10 yıl sonra sosyal medya olacak mı? Bu mecralar hangi evrimleri geçirecek, bunu bilmediğimizi de yazının sonuna ekleyeyim.

Pandemiden sonra hayat nasıl olacak?

 

Geleceğe not düşmek için yazıyorum. Haksız da çıkabilirim. O zaman güler geçeriz. Ama tahminim şu: Pandemi biter bitmez, insanlar kendilerini sokağa atacak. Gece hayatı hiç olmadığı kadar renklenecek. Konserler, festivaller hiç olmadıkları kadar canlı ve heyecanlı olacak. İnsanlar sanırım önceden sahip oldukları bu “standart” güzellikleri korumak için daha duyarlı ve fedakâr olacak. Kıymet bilecekler.

Önümüzdeki 10 yılda eğlence dünyasının evde bir şeyler stream etmekten ibaret olacağını sananlar sanırım büyük hayal kırıklığı yaşayacaklar.

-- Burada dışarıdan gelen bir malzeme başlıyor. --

-- ===== src/Webhook/BitbucketServer.antt =====
-- Bitbucket Server webhooks (vcsutils/webhookparser/bitbucketserver.go).
mod Payload
pub mod Shapes
pub mod Auth
pub mod Pushes
pub use Payload.{Repository, Links, Ref, Account, PullRequest, Changes, Actor, Hook}
use froggit_go.Base.{
  String, ◌<>◌, true, ◌||◌, not, Option, none, some, List, [], ◌∷◌, Result, ok, err, panic, errorf,
  ◌>>=◌, deref, if◌then◌else◌, ◌==◌,
}
use froggit_go.Base.Text.{trim_prefix}
use froggit_go.Vcs.{
  WebhookEvent, pr_rejected, pr_edited, pr_merged, pr_opened, push, tag_pushed, tag_removed,
}
use froggit_go.Webhook.Info.{
  RepoDetails, BranchStatus, WebhookInfo, no_user, no_commit, no_tag, no_pull_request, no_info,
  git_nil_hash,
}
use froggit_go.Webhook.Info
use froggit_go.Webhook.Http.{Request, Time, header_get, read_body}
use froggit_go.Webhook.Parser.{Parser}

-- `sign payload token` is `calculatePayloadSignature`: HMAC-SHA256 in hexadecimal.
module _ (sign : String → String → String) where
  unfoldable pub validate_payload : Request → String → Result String
  unfolding header_get read_body
  validate_payload request token = do
    payload ← read_body request
    let expected = header_get request.headers "X-Hub-Signature"
    if not (token == "") || not (expected == "")
        then (if not (expected == ("sha256=" <> sign payload token))
            then err (errorf "payload signature mismatch")
            else ok payload)
        else ok payload

unfoldable pub branch_status : String → String → BranchStatus
unfolding Info.branch_status
branch_status to from = Info.branch_status (not (from == git_nil_hash)) (not (to == git_nil_hash))

unfoldable pub get_repository_details : Repository → Result RepoDetails
get_repository_details r = do key ← deref r.project_key; ok (record { name = r.slug; owner = key })

unfoldable pub get_first_href_from_links : Links → String
get_first_href_from_links l = elim l.self [ [] ↦ "" | href ∷ _ ↦ href ]

-- `Changes[0]`
first_change : List Changes → Result Changes
first_change [] = panic "index out of range [0] with length 0"
first_change (c ∷ _) = ok c

commit_url : String → RepoDetails → String → String
commit_url endpoint repo hash =
    if endpoint == ""
    then ""
    else endpoint
      <> ("/projects/" <> (repo.owner <> ("/repos/" <> (repo.name <> ("/commits/" <> hash)))))

unfoldable pub parse_tag_event : Hook → Changes → Result (Option WebhookInfo)
unfolding get_repository_details get_first_href_from_links
parse_tag_event hook change = do
  repo ← get_repository_details hook.repository
  let tag : Info.Tag = record no_tag {
    name = change.ref_display_id;
    repository = repo;
    author = record {
      login = hook.actor.name;
      display_name = hook.actor.display_name;
      avatar_url = get_first_href_from_links hook.actor.links;
      email = hook.actor.email_address;
    };
  }
  if change.type == "ADD"
      then ok (
          some (record no_info {
            event = tag_pushed;
            tag = some (record tag { hash = change.to_hash });
          }))
      else if change.type == "DELETE"
      then ok (
          some (record no_info {
            event = tag_removed;
            tag = some (record tag { hash = change.from_hash });
          }))
      else ok none

-- `parse_time layout text` is `time.Parse`, `endpoint` the URL of the server.
module _ (parse_time : String → String → Result Time) (endpoint : String) where
  unfoldable pub parse_push_event : Hook → Result WebhookInfo
  unfolding get_repository_details first_change commit_url branch_status trim_prefix
  parse_push_event hook = do
    time ← parse_time "2006-01-02T15:04:05-0700" hook.date
    repo ← get_repository_details hook.repository
    change ← first_change hook.changes
    ok (record no_info {
      target_repository_details = repo;
      target_branch = trim_prefix change.ref_id "refs/heads/";
      timestamp = time.unix;
      event = push;
      commit = record no_commit {
        hash = change.to_hash;
        url = commit_url endpoint repo change.to_hash;
      };
      before_commit = record no_commit { hash = change.from_hash };
      branch_status = branch_status change.to_hash change.from_hash;
      triggered_by = record no_user {
        login = hook.actor.name;
        display_name = hook.actor.display_name;
      };
      committer = record no_user {
        email = hook.actor.email_address;
        display_name = hook.actor.display_name;
      };
      author = record no_user {
        email = hook.actor.email_address;
        display_name = hook.actor.display_name;
      };
    })

  -- The loop over the changes: the first branch or tag decides.
  ref_change_loop : Hook → List Changes → Result (Option WebhookInfo)
  unfolding parse_push_event parse_tag_event
  ref_change_loop hook [] = ok none
  ref_change_loop hook (c ∷ rest) =
      let others = ref_change_loop hook rest in
      if c.ref_type == "BRANCH"
      then (do info ← parse_push_event hook; ok (some info))
      else if c.ref_type == "TAG"
      then parse_tag_event hook c
      else others

  unfoldable pub parse_ref_change : Hook → Result (Option WebhookInfo)
  unfolding ref_change_loop
  parse_ref_change hook = ref_change_loop hook hook.changes

  unfoldable pub parse_pr_events : Hook → WebhookEvent → Result (Option WebhookInfo)
  unfolding get_repository_details get_first_href_from_links trim_prefix
  parse_pr_events hook event = do
    time ← parse_time "2006-01-02T15:04:05-0700" hook.date
    let p = hook.pull_request
    target ← get_repository_details p.to_ref.repository
    source ← get_repository_details p.from_ref.repository
    author ← deref p.author
    ok (
        some (record no_info {
          pull_request_id = p.id;
          target_repository_details = target;
          target_branch = trim_prefix p.to_ref.id "refs/heads/";
          source_repository_details = source;
          source_branch = trim_prefix p.from_ref.id "refs/heads/";
          timestamp = time.unix;
          event = event;
          pull_request = some (record no_pull_request {
            id = p.id;
            title = p.title;
            compare_url = get_first_href_from_links p.links <> "/diff";
            timestamp = p.updated_date;
            author = record {
              login = author.slug;
              display_name = author.display_name;
              email = author.email_address;
              avatar_url = get_first_href_from_links author.links;
            };
            triggered_by = record no_user { login = author.name };
            skip_decryption = true;
            target_repository = target;
            target_branch = trim_prefix p.to_ref.id "refs/heads/";
            target_hash = p.to_ref.latest_commit;
            source_repository = source;
            source_branch = trim_prefix p.from_ref.id "refs/heads/";
            source_hash = p.from_ref.latest_commit;
          });
        }))

  -- The `switch` on the event header.
  unfoldable pub dispatch : String → Hook → Result (Option WebhookInfo)
  unfolding parse_ref_change parse_pr_events
  dispatch event hook =
      if event == "repo:refs_changed"
      then parse_ref_change hook
      else if event == "pr:opened"
      then parse_pr_events hook pr_opened
      else if event == "pr:from_ref_updated"
      then parse_pr_events hook pr_edited
      else if event == "pr:merged"
      then parse_pr_events hook pr_merged
      else if event == "pr:declined" || event == "pr:deleted"
      then parse_pr_events hook pr_rejected
      else ok none

-- `unmarshal` is `json.Unmarshal` at the type of the payload.
module _ (sign : String → String → String) (parse_time : String → String → Result Time)
    (unmarshal : String → Result Hook) (endpoint : String) where
  unfoldable pub parse_incoming_webhook : Request → String → Result (Option WebhookInfo)
  unfolding dispatch header_get
  parse_incoming_webhook request payload = do
    hook ← unmarshal payload
    dispatch parse_time endpoint (header_get request.headers "X-Event-Key") hook

  unfoldable pub new_parser : Parser
  unfolding validate_payload parse_incoming_webhook
  new_parser = record {
    validate_payload = validate_payload sign;
    parse_incoming_webhook = parse_incoming_webhook;
  }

Fiziksel ilişki, insan ilişkilerinde bire bir temas her şeyden değerli olacak. Ofisler artık bitti, herkes evden çalışacak yönündeki görüşe de katılmıyorum. İnsanlar, tam tersine, evde sıkıntıdan cinnet geçiriyor şu anda. Hele de çocuklu olanlar için ev tam anlamıyla tımarhaneye dönmüş durumda. Pandemi biter bitmez çocuklar okula arkadaşlarına, ebeveynler işe, ofislerine gidecekleri günü iple çekiyorlar.

Elbette bir Umut Sarıkaya karikatürü gibi, biri “Pandemi bitti, koşuuuuun!” diye düdük çalmayacak bittiğinde. Yani kesin, net bir tarih ve an olmayacak. Hayat normale yavaş yavaş dönecek. Ama o gün geldiğinde kimsenin “Ben böyle iyiyim, evde oturmaktan memnunum” diyeceğini sanmıyorum.

Okuduğum pek çok gelecek vizyonunda evlerin karantinada yaşam ilkesine uygun olarak yeniden tasarlanacağı, yeni binaların buna göre inşa edileceği gibi ütopik fikirler var.

İnsanlık bugüne kadar hastalıkların ve salgınların ardından daha çok eve kapanarak hayata dönmedi. “Brainstorming” çok eğlenceli ve faydalı. Gene yapalım, yapmayalım demiyorum ama ben gelecekten umutluyum arkadaşlar.